***** DATA SUPPLIED *****
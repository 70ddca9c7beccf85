-- ===== src/Firmware/Tests.antt =====
-- A node whose generator has ended, at a radio and a queue without other users.
use esp_now_harness.Common.{ℕ, ◌≡◌, refl, inl, true, false, List, [], none, replicate}
use esp_now_harness.Harness.{State, running, finished, harness_state_name}
use esp_now_harness.Metrics.{metrics_reset}
use esp_now_harness.Metrics.Report.{Report, metrics_json}
use esp_now_harness.Metrics.Distribution.Quantile.{Quantile}
use esp_now_harness.Runtime.{System, pure, esp_ok}
use esp_now_harness.Runtime.Alone.{Slots, alone}
use esp_now_harness.Radio.{radio_wait_idle, take_slots, give_slots}
use esp_now_harness.Radio.Configure.{Driver}
use esp_now_harness.Generator.Stop.{stopped_before, generator_wait_stopped}
use esp_now_harness.Receiver.Queue.{Mailbox, receiver_flush}
use esp_now_harness.Control.Config.{zero_config}
use esp_now_harness.Control.Json.{Cjson, nan}
use esp_now_harness.Control.Calm.{CalmServices, Calm-refl}
use esp_now_harness.Control.Dispatch.{
  state_body, result_body, is_running_or_armed, stop, result, finish_run, when_drained,
  stopped_and_drained, drain_measurement_events, wait_idle_ok, send_state, send_result,
}
use esp_now_harness.Firmware.{services}
use esp_now_harness.Firmware.Interface.{CalmWorld, services-CalmServices}
use esp_now_harness.Firmware.Settled.{stop_settled}

abbrev pub willing : {W : Type 0} → Driver W
willing = record {
  fetch_peer = pure none;
  del_peer = λ mac. pure tt;
  set_country_code = λ code. pure esp_ok;
  set_band_mode = λ band. pure esp_ok;
  set_channel = λ channel. pure esp_ok;
  set_max_tx_power = λ power. pure esp_ok;
  set_ps = λ ps. pure esp_ok;
  set_pmk = λ key. pure esp_ok;
  add_peer = λ peer. pure esp_ok;
  set_peer_rate_config = λ mac rate. pure esp_ok;
}

abbrev prompt : Mailbox Slots
prompt = record { queue_send = λ e ms. pure true }

alone-CalmWorld : CalmWorld alone willing prompt
alone-CalmWorld = record {
  calls = record {
    take_within = λ ms. record { at = λ s. Calm-refl s.node };
    give_within = record { at = λ s. Calm-refl s.node };
    time_within = record { at = λ s. Calm-refl s.node };
    send_within = λ mac bytes. record { at = λ s. Calm-refl s.node };
    delay_within = λ ticks. record { at = λ s. Calm-refl s.node };
    delay_us_within = λ us. record { at = λ s. Calm-refl s.node };
    yield_within = record { at = λ s. Calm-refl s.node };
    tick_within = record { at = λ s. Calm-refl s.node };
    notify_within = λ ms. record { at = λ s. Calm-refl s.node };
  };
  driver_calls = record {
    fetch_peer_within = record { at = λ s. Calm-refl s.node };
    del_peer_within = λ mac. record { at = λ s. Calm-refl s.node };
    country_within = λ code. record { at = λ s. Calm-refl s.node };
    band_within = λ band. record { at = λ s. Calm-refl s.node };
    channel_within = λ channel. record { at = λ s. Calm-refl s.node };
    power_within = λ power. record { at = λ s. Calm-refl s.node };
    ps_within = λ ps. record { at = λ s. Calm-refl s.node };
    pmk_within = λ key. record { at = λ s. Calm-refl s.node };
    add_peer_within = λ peer. record { at = λ s. Calm-refl s.node };
    rate_within = λ mac rate. record { at = λ s. Calm-refl s.node };
  };
  queue_send_within = λ e ms. record { at = λ s. Calm-refl s.node };
  create_started = λ s. record { config_kept = refl; state_moves = inl refl };
}

abbrev pub rest : ℕ → List ℕ
rest size = replicate 50 0

services-CalmServices_example : CalmServices (services alone willing prompt rest 20 2000)
services-CalmServices_example =
    services-CalmServices alone willing prompt rest alone-CalmWorld 20 2000

-- The requests' items are not read here.
abbrev pub no_items : Cjson (Unit {0})
no_items = record {
  get_object_item = λ j name. none;
  is_object = λ j. false;
  is_string = λ j. false;
  is_number = λ j. false;
  is_bool = λ j. false;
  is_true = λ j. false;
  valuestring = λ j. [];
  valuedouble = λ j. nan;
}

abbrev pub scan : List ℕ → List ℕ
scan text = []

abbrev pub percent : Quantile → ℕ → ℕ
percent q n = n

abbrev node_in : State → System Slots
node_in state = record {
  node = record {
    config = record zero_config { tx_window = 2 };
    state = state;
    metrics = metrics_reset;
    current_tx_window = 2;
    handle = false;
    queue = true;
  };
  world = record { free = 2; mine = 0 };
}

stop_replies :
    (stop (services alone willing prompt rest 20 2000) no_items scan percent (node_in running)).0
    ≡ state_body "FINISHED"
unfolding stop finish_run when_drained stopped_and_drained drain_measurement_events wait_idle_ok
    send_state is_running_or_armed stopped_before generator_wait_stopped receiver_flush
    radio_wait_idle take_slots give_slots harness_state_name
stop_replies = refl

stop_settled_example :
    let n =
      (stop
        (services alone willing prompt rest 20 2000)
        no_items
        scan
        percent
        (node_in running)).1.node in
    (n.handle ≡ false) × (is_running_or_armed n.state ≡ false)
stop_settled_example =
    stop_settled alone willing prompt rest 20 2000 no_items scan percent alone-CalmWorld "FINISHED"
      (node_in running) stop_replies

abbrev report : Report
report = (metrics_json percent (node_in finished).node.config metrics_reset).1

result_replies :
    (result (services alone willing prompt rest 20 2000) no_items scan percent (node_in finished)).0
    ≡ result_body report
unfolding result when_drained stopped_and_drained drain_measurement_events wait_idle_ok send_result
    stopped_before generator_wait_stopped receiver_flush radio_wait_idle take_slots give_slots
result_replies = refl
*****
### YOUR TASK
Set down the whole of the data, exactly as it stands.

### TASK RESPONSE
repository 70ddca9c7beccf85
-- ===== src/Firmware/Tests.antt =====
-- A node whose generator has ended, at a radio and a queue without other users.
use esp_now_harness.Common.{ℕ, ◌≡◌, refl, inl, true, false, List, [], none, replicate}
use esp_now_harness.Harness.{State, running, finished, harness_state_name}
use esp_now_harness.Metrics.{metrics_reset}
use esp_now_harness.Metrics.Report.{Report, metrics_json}
use esp_now_harness.Metrics.Distribution.Quantile.{Quantile}
use esp_now_harness.Runtime.{System, pure, esp_ok}
use esp_now_harness.Runtime.Alone.{Slots, alone}
use esp_now_harness.Radio.{radio_wait_idle, take_slots, give_slots}
use esp_now_harness.Radio.Configure.{Driver}
use esp_now_harness.Generator.Stop.{stopped_before, generator_wait_stopped}
use esp_now_harness.Receiver.Queue.{Mailbox, receiver_flush}
use esp_now_harness.Control.Config.{zero_config}
use esp_now_harness.Control.Json.{Cjson, nan}
use esp_now_harness.Control.Calm.{CalmServices, Calm-refl}
use esp_now_harness.Control.Dispatch.{
  state_body, result_body, is_running_or_armed, stop, result, finish_run, when_drained,
  stopped_and_drained, drain_measurement_events, wait_idle_ok, send_state, send_result,
}
use esp_now_harness.Firmware.{services}
use esp_now_harness.Firmware.Interface.{CalmWorld, services-CalmServices}
use esp_now_harness.Firmware.Settled.{stop_settled}

abbrev pub willing : {W : Type 0} → Driver W
willing = record {
  fetch_peer = pure none;
  del_peer = λ mac. pure tt;
  set_country_code = λ code. pure esp_ok;
  set_band_mode = λ band. pure esp_ok;
  set_channel = λ channel. pure esp_ok;
  set_max_tx_power = λ power. pure esp_ok;
  set_ps = λ ps. pure esp_ok;
  set_pmk = λ key. pure esp_ok;
  add_peer = λ peer. pure esp_ok;
  set_peer_rate_config = λ mac rate. pure esp_ok;
}

abbrev prompt : Mailbox Slots
prompt = record { queue_send = λ e ms. pure true }

alone-CalmWorld : CalmWorld alone willing prompt
alone-CalmWorld = record {
  calls = record {
    take_within = λ ms. record { at = λ s. Calm-refl s.node };
    give_within = record { at = λ s. Calm-refl s.node };
    time_within = record { at = λ s. Calm-refl s.node };
    send_within = λ mac bytes. record { at = λ s. Calm-refl s.node };
    delay_within = λ ticks. record { at = λ s. Calm-refl s.node };
    delay_us_within = λ us. record { at = λ s. Calm-refl s.node };
    yield_within = record { at = λ s. Calm-refl s.node };
    tick_within = record { at = λ s. Calm-refl s.node };
    notify_within = λ ms. record { at = λ s. Calm-refl s.node };
  };
  driver_calls = record {
    fetch_peer_within = record { at = λ s. Calm-refl s.node };
    del_peer_within = λ mac. record { at = λ s. Calm-refl s.node };
    country_within = λ code. record { at = λ s. Calm-refl s.node };
    band_within = λ band. record { at = λ s. Calm-refl s.node };
    channel_within = λ channel. record { at = λ s. Calm-refl s.node };
    power_within = λ power. record { at = λ s. Calm-refl s.node };
    ps_within = λ ps. record { at = λ s. Calm-refl s.node };
    pmk_within = λ key. record { at = λ s. Calm-refl s.node };
    add_peer_within = λ peer. record { at = λ s. Calm-refl s.node };
    rate_within = λ mac rate. record { at = λ s. Calm-refl s.node };
  };
  queue_send_within = λ e ms. record { at = λ s. Calm-refl s.node };
  create_started = λ s. record { config_kept = refl; state_moves = inl refl };
}

abbrev pub rest : ℕ → List ℕ
rest size = replicate 50 0

services-CalmServices_example : CalmServices (services alone willing prompt rest 20 2000)
services-CalmServices_example =
    services-CalmServices alone willing prompt rest alone-CalmWorld 20 2000

-- The requests' items are not read here.
abbrev pub no_items : Cjson (Unit {0})
no_items = record {
  get_object_item = λ j name. none;
  is_object = λ j. false;
  is_string = λ j. false;
  is_number = λ j. false;
  is_bool = λ j. false;
  is_true = λ j. false;
  valuestring = λ j. [];
  valuedouble = λ j. nan;
}

abbrev pub scan : List ℕ → List ℕ
scan text = []

abbrev pub percent : Quantile → ℕ → ℕ
percent q n = n

abbrev node_in : State → System Slots
node_in state = record {
  node = record {
    config = record zero_config { tx_window = 2 };
    state = state;
    metrics = metrics_reset;
    current_tx_window = 2;
    handle = false;
    queue = true;
  };
  world = record { free = 2; mine = 0 };
}

stop_replies :
    (stop (services alone willing prompt rest 20 2000) no_items scan percent (node_in running)).0
    ≡ state_body "FINISHED"
unfolding stop finish_run when_drained stopped_and_drained drain_measurement_events wait_idle_ok
    send_state is_running_or_armed stopped_before generator_wait_stopped receiver_flush
    radio_wait_idle take_slots give_slots harness_state_name
stop_replies = refl

stop_settled_example :
    let n =
      (stop
        (services alone willing prompt rest 20 2000)
        no_items
        scan
        percent
        (node_in running)).1.node in
    (n.handle ≡ false) × (is_running_or_armed n.state ≡ false)
stop_settled_example =
    stop_settled alone willing prompt rest 20 2000 no_items scan percent alone-CalmWorld "FINISHED"
      (node_in running) stop_replies

abbrev report : Report
report = (metrics_json percent (node_in finished).node.config metrics_reset).1

result_replies :
    (result (services alone willing prompt rest 20 2000) no_items scan percent (node_in finished)).0
    ≡ result_body report
unfolding result when_drained stopped_and_drained drain_measurement_events wait_idle_ok send_result
    stopped_before generator_wait_stopped receiver_flush radio_wait_idle take_slots give_slots
result_replies = refl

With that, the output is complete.